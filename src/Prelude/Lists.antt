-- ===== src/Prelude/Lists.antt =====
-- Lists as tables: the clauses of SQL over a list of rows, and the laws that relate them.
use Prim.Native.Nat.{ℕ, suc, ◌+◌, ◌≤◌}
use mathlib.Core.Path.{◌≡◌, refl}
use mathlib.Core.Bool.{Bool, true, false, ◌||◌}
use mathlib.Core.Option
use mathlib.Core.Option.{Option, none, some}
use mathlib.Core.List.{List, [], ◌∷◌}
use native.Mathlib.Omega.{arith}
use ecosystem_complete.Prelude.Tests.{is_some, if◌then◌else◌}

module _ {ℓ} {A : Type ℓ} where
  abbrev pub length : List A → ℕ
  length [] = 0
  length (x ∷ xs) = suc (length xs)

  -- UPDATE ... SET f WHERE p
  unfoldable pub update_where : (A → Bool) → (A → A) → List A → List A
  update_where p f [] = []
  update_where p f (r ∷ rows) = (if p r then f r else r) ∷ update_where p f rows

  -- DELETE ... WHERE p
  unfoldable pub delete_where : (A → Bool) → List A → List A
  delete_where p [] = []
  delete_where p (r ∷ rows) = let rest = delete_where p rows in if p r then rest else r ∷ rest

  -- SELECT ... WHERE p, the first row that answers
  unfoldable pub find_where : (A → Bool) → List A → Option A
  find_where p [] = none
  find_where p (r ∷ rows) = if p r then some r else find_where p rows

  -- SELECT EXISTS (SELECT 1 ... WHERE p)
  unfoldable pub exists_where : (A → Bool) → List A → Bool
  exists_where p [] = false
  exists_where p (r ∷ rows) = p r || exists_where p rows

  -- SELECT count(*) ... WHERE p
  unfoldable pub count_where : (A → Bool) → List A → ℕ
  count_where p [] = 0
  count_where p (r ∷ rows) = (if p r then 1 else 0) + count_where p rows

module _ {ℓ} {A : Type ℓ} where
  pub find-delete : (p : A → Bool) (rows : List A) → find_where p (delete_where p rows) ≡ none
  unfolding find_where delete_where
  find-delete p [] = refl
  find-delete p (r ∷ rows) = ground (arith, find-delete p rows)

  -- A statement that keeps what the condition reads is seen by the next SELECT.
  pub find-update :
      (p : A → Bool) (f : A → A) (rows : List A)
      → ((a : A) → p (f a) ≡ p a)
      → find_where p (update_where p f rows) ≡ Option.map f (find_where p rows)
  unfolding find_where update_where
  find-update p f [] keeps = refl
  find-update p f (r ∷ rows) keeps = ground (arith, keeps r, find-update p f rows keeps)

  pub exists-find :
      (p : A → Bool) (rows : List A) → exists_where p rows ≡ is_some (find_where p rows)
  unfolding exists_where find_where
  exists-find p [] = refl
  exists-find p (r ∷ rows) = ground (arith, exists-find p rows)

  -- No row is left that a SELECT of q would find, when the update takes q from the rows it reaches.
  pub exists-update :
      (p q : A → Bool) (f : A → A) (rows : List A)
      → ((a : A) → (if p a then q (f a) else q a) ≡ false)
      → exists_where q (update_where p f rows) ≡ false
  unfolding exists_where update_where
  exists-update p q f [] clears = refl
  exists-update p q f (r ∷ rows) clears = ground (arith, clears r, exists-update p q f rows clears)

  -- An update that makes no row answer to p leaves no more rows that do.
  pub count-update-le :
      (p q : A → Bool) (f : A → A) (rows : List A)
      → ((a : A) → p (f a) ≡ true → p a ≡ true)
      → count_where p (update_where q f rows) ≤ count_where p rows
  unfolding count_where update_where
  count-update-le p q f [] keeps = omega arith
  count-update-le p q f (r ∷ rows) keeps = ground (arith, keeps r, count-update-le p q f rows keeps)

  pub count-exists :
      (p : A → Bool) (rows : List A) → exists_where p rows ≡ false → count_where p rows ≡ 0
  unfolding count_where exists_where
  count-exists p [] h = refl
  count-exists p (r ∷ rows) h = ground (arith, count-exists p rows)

-- WORK REQUIRED --
Reply with nothing except the number of lines in the listing above that include the string "false".

-- RESPONSE TO THIS TASK --
5